_Task item_
Below are some records; print every one of them exactly.

_Provided records_

━━━━━━━━━━━━━━━━━━━━

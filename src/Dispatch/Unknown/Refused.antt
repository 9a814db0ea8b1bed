-- ===== src/Dispatch/Unknown/Refused.antt =====
-- What the policy REJECT admits and refuses.
use djangorestframework_serv.Prelude.{
  String, ◌≡◌, refl, ap, ◌∙◌, ◌↔◌, Bool, true, false, ◌&&◌, ◌||◌, Option, none, some, List, [], ◌∷◌,
  Dict, keys, contains, All, is_empty, trans_iff, ok, err, arith, eq_iff, ◌==◌, inl, inr,
  Bool-cases,
}
use djangorestframework_serv.Values.{Value}
use djangorestframework_serv.Callables.{Callable, Parameter}
use djangorestframework_serv.Dispatch.Declared.{
  Call, unexpected, unenforceable, unresolved_extras, misdeclared, RuntimeAnnotation, DispatchSpec,
  server_owned_keys,
}
use djangorestframework_serv.Dispatch.Unknown.{
  ArgumentBinding, reject, is_unknown, unknown_in, enforce_policy, judge, declared_input_keys,
  resolve_unknown_arguments,
}
use djangorestframework_serv.Dispatch.Unknown.Disjoint.{payload, declared_input_keys-disjoint}

-- The declared set, where it can be read, is open or has each key of the call that is not reserved.
abbrev pub Admits : List String → Dict Value → Call (Option (List String)) → Type 0
Admits reserved params (err raised) = ⊥
Admits reserved params (ok none) = Unit
Admits reserved params (ok (some declared)) =
    All (λ k. (contains k declared || contains k reserved) ≡ true) (keys params)

unknown_in-nil :
    (declared reserved : List String) (params : Dict Value)
    → (is_empty (unknown_in (is_unknown declared reserved) params) ≡ true)
      ↔ All (λ k. (contains k declared || contains k reserved) ≡ true) (keys params)
unfolding unknown_in
unknown_in-nil declared reserved [] = (λ h. tt, λ h. refl)
unknown_in-nil declared reserved ((k, v) ∷ params) =
    let ih = unknown_in-nil declared reserved params in
    (λ h. (ground arith, ih.0 (ground arith)), λ (here, rest). let more = ih.1 rest in ground arith)

enforce_policy_iff :
    (unknown : Dict Value) → (enforce_policy reject unknown ≡ ok []) ↔ (is_empty unknown ≡ true)
enforce_policy_iff [] = (λ h. refl, λ h. refl)
enforce_policy_iff ((k, v) ∷ unknown) = (λ h. cc, λ h. cc)

judge_iff :
    (reserved : List String) (params : Dict Value) (read : Call (Option (List String)))
    → (judge reject reserved params read ≡ ok []) ↔ Admits reserved params read
judge_iff reserved params (ok none) = (λ h. tt, λ h. refl)
judge_iff reserved params (ok (some declared)) =
    trans_iff (enforce_policy_iff (unknown_in (is_unknown declared reserved) params))
      (unknown_in-nil declared reserved params)
judge_iff reserved params (err (misdeclared e)) = (λ h. cc, λ h. ground arith)
judge_iff reserved params (err (unresolved_extras fn p)) = (λ h. cc, λ h. ground arith)
judge_iff reserved params (err (unenforceable fn p)) = (λ h. cc, λ h. ground arith)
judge_iff reserved params (err (unexpected ks)) = (λ h. cc, λ h. ground arith)

-- The policy REJECT admits a call exactly where the declared input of the spec can be read, and is
-- open or has every key of the call that is not a reserved seed.
pub resolve_unknown_arguments_iff :
    (annotation : Callable → Parameter → RuntimeAnnotation) (spec : DispatchSpec)
    (params : Dict Value) (fields reserved : List String) (binding : ArgumentBinding)
    → (resolve_unknown_arguments annotation spec params reject fields reserved binding ≡ ok [])
      ↔ Admits reserved params (declared_input_keys annotation spec fields binding reserved)
unfolding resolve_unknown_arguments
resolve_unknown_arguments_iff annotation spec params fields reserved binding =
    judge_iff reserved params (declared_input_keys annotation spec fields binding reserved)

contains-unknown_in :
    (p : String → Bool) (k : String) (params : Dict Value)
    → contains k (keys (unknown_in p params)) ≡ (p k && contains k (keys params))
unfolding contains unknown_in
contains-unknown_in p k [] = ground arith
contains-unknown_in p k ((j, v) ∷ params) =
    let ih = contains-unknown_in p k params in
    elim (Bool-cases (k == j)) [
      | inl e ↦ let same = ap p ((eq_iff k j).0 e) in ground arith
      | inr e ↦ ground arith
    ]

refuses-unknown :
    (unknown : Dict Value) (k : String)
    → contains k (keys unknown) ≡ true
    → (names : List String) × (enforce_policy reject unknown ≡ err (unexpected names))
      × (contains k names ≡ true)
unfolding contains
refuses-unknown [] k h = cc
refuses-unknown ((j, v) ∷ unknown) k h = (j ∷ keys unknown, refl, h)

-- Where the input of the spec is listed, the policy REJECT refuses a call that sends a name that the
-- server owns, and names it, unless the name is a reserved seed or a field of the service's input
-- serializer.
pub resolve_unknown_arguments-refuses :
    (annotation : Callable → Parameter → RuntimeAnnotation) (spec : DispatchSpec)
    (params : Dict Value) (fields reserved : List String) (binding : ArgumentBinding)
    (owned declared : List String) (k : String)
    → server_owned_keys spec ≡ ok owned
    → declared_input_keys annotation spec fields binding reserved ≡ ok (some declared)
    → contains k owned ≡ true
    → contains k (payload spec fields) ≡ false
    → contains k reserved ≡ false
    → contains k (keys params) ≡ true
    → (names : List String) × (resolve_unknown_arguments annotation spec params reject fields
          reserved binding
        ≡ err (unexpected names))
      × (contains k names ≡ true)
unfolding resolve_unknown_arguments
resolve_unknown_arguments-refuses annotation spec params fields reserved binding owned declared k
      owns listed mem field seed sent =
    let absent =
      declared_input_keys-disjoint annotation spec fields binding reserved owned declared k owns
        listed mem in
    let (names, refused, named) =
      refuses-unknown (unknown_in (is_unknown declared reserved) params) k
        (contains-unknown_in (is_unknown declared reserved) k params ∙ ground arith) in
    (names, ap (judge reject reserved params) listed ∙ refused, named)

━━━━━━━━━━━━━━━━━━━━

_Output of the task_
filename src/Dispatch/Unknown/Refused.antt
repository 9a814db0ea8b1bed
-- ===== src/Dispatch/Unknown/Refused.antt =====
-- What the policy REJECT admits and refuses.
use djangorestframework_serv.Prelude.{
  String, ◌≡◌, refl, ap, ◌∙◌, ◌↔◌, Bool, true, false, ◌&&◌, ◌||◌, Option, none, some, List, [], ◌∷◌,
  Dict, keys, contains, All, is_empty, trans_iff, ok, err, arith, eq_iff, ◌==◌, inl, inr,
  Bool-cases,
}
use djangorestframework_serv.Values.{Value}
use djangorestframework_serv.Callables.{Callable, Parameter}
use djangorestframework_serv.Dispatch.Declared.{
  Call, unexpected, unenforceable, unresolved_extras, misdeclared, RuntimeAnnotation, DispatchSpec,
  server_owned_keys,
}
use djangorestframework_serv.Dispatch.Unknown.{
  ArgumentBinding, reject, is_unknown, unknown_in, enforce_policy, judge, declared_input_keys,
  resolve_unknown_arguments,
}
use djangorestframework_serv.Dispatch.Unknown.Disjoint.{payload, declared_input_keys-disjoint}

-- The declared set, where it can be read, is open or has each key of the call that is not reserved.
abbrev pub Admits : List String → Dict Value → Call (Option (List String)) → Type 0
Admits reserved params (err raised) = ⊥
Admits reserved params (ok none) = Unit
Admits reserved params (ok (some declared)) =
    All (λ k. (contains k declared || contains k reserved) ≡ true) (keys params)

unknown_in-nil :
    (declared reserved : List String) (params : Dict Value)
    → (is_empty (unknown_in (is_unknown declared reserved) params) ≡ true)
      ↔ All (λ k. (contains k declared || contains k reserved) ≡ true) (keys params)
unfolding unknown_in
unknown_in-nil declared reserved [] = (λ h. tt, λ h. refl)
unknown_in-nil declared reserved ((k, v) ∷ params) =
    let ih = unknown_in-nil declared reserved params in
    (λ h. (ground arith, ih.0 (ground arith)), λ (here, rest). let more = ih.1 rest in ground arith)

enforce_policy_iff :
    (unknown : Dict Value) → (enforce_policy reject unknown ≡ ok []) ↔ (is_empty unknown ≡ true)
enforce_policy_iff [] = (λ h. refl, λ h. refl)
enforce_policy_iff ((k, v) ∷ unknown) = (λ h. cc, λ h. cc)

judge_iff :
    (reserved : List String) (params : Dict Value) (read : Call (Option (List String)))
    → (judge reject reserved params read ≡ ok []) ↔ Admits reserved params read
judge_iff reserved params (ok none) = (λ h. tt, λ h. refl)
judge_iff reserved params (ok (some declared)) =
    trans_iff (enforce_policy_iff (unknown_in (is_unknown declared reserved) params))
      (unknown_in-nil declared reserved params)
judge_iff reserved params (err (misdeclared e)) = (λ h. cc, λ h. ground arith)
judge_iff reserved params (err (unresolved_extras fn p)) = (λ h. cc, λ h. ground arith)
judge_iff reserved params (err (unenforceable fn p)) = (λ h. cc, λ h. ground arith)
judge_iff reserved params (err (unexpected ks)) = (λ h. cc, λ h. ground arith)

-- The policy REJECT admits a call exactly where the declared input of the spec can be read, and is
-- open or has every key of the call that is not a reserved seed.
pub resolve_unknown_arguments_iff :
    (annotation : Callable → Parameter → RuntimeAnnotation) (spec : DispatchSpec)
    (params : Dict Value) (fields reserved : List String) (binding : ArgumentBinding)
    → (resolve_unknown_arguments annotation spec params reject fields reserved binding ≡ ok [])
      ↔ Admits reserved params (declared_input_keys annotation spec fields binding reserved)
unfolding resolve_unknown_arguments
resolve_unknown_arguments_iff annotation spec params fields reserved binding =
    judge_iff reserved params (declared_input_keys annotation spec fields binding reserved)

contains-unknown_in :
    (p : String → Bool) (k : String) (params : Dict Value)
    → contains k (keys (unknown_in p params)) ≡ (p k && contains k (keys params))
unfolding contains unknown_in
contains-unknown_in p k [] = ground arith
contains-unknown_in p k ((j, v) ∷ params) =
    let ih = contains-unknown_in p k params in
    elim (Bool-cases (k == j)) [
      | inl e ↦ let same = ap p ((eq_iff k j).0 e) in ground arith
      | inr e ↦ ground arith
    ]

refuses-unknown :
    (unknown : Dict Value) (k : String)
    → contains k (keys unknown) ≡ true
    → (names : List String) × (enforce_policy reject unknown ≡ err (unexpected names))
      × (contains k names ≡ true)
unfolding contains
refuses-unknown [] k h = cc
refuses-unknown ((j, v) ∷ unknown) k h = (j ∷ keys unknown, refl, h)

-- Where the input of the spec is listed, the policy REJECT refuses a call that sends a name that the
-- server owns, and names it, unless the name is a reserved seed or a field of the service's input
-- serializer.
pub resolve_unknown_arguments-refuses :
    (annotation : Callable → Parameter → RuntimeAnnotation) (spec : DispatchSpec)
    (params : Dict Value) (fields reserved : List String) (binding : ArgumentBinding)
    (owned declared : List String) (k : String)
    → server_owned_keys spec ≡ ok owned
    → declared_input_keys annotation spec fields binding reserved ≡ ok (some declared)
    → contains k owned ≡ true
    → contains k (payload spec fields) ≡ false
    → contains k reserved ≡ false
    → contains k (keys params) ≡ true
    → (names : List String) × (resolve_unknown_arguments annotation spec params reject fields
          reserved binding
        ≡ err (unexpected names))
      × (contains k names ≡ true)
unfolding resolve_unknown_arguments
resolve_unknown_arguments-refuses annotation spec params fields reserved binding owned declared k
      owns listed mem field seed sent =
    let absent =
      declared_input_keys-disjoint annotation spec fields binding reserved owned declared k owns
        listed mem in
    let (names, refused, named) =
      refuses-unknown (unknown_in (is_unknown declared reserved) params) k
        (contains-unknown_in (is_unknown declared reserved) k params ∙ ground arith) in
    (names, ap (judge reject reserved params) listed ∙ refused, named)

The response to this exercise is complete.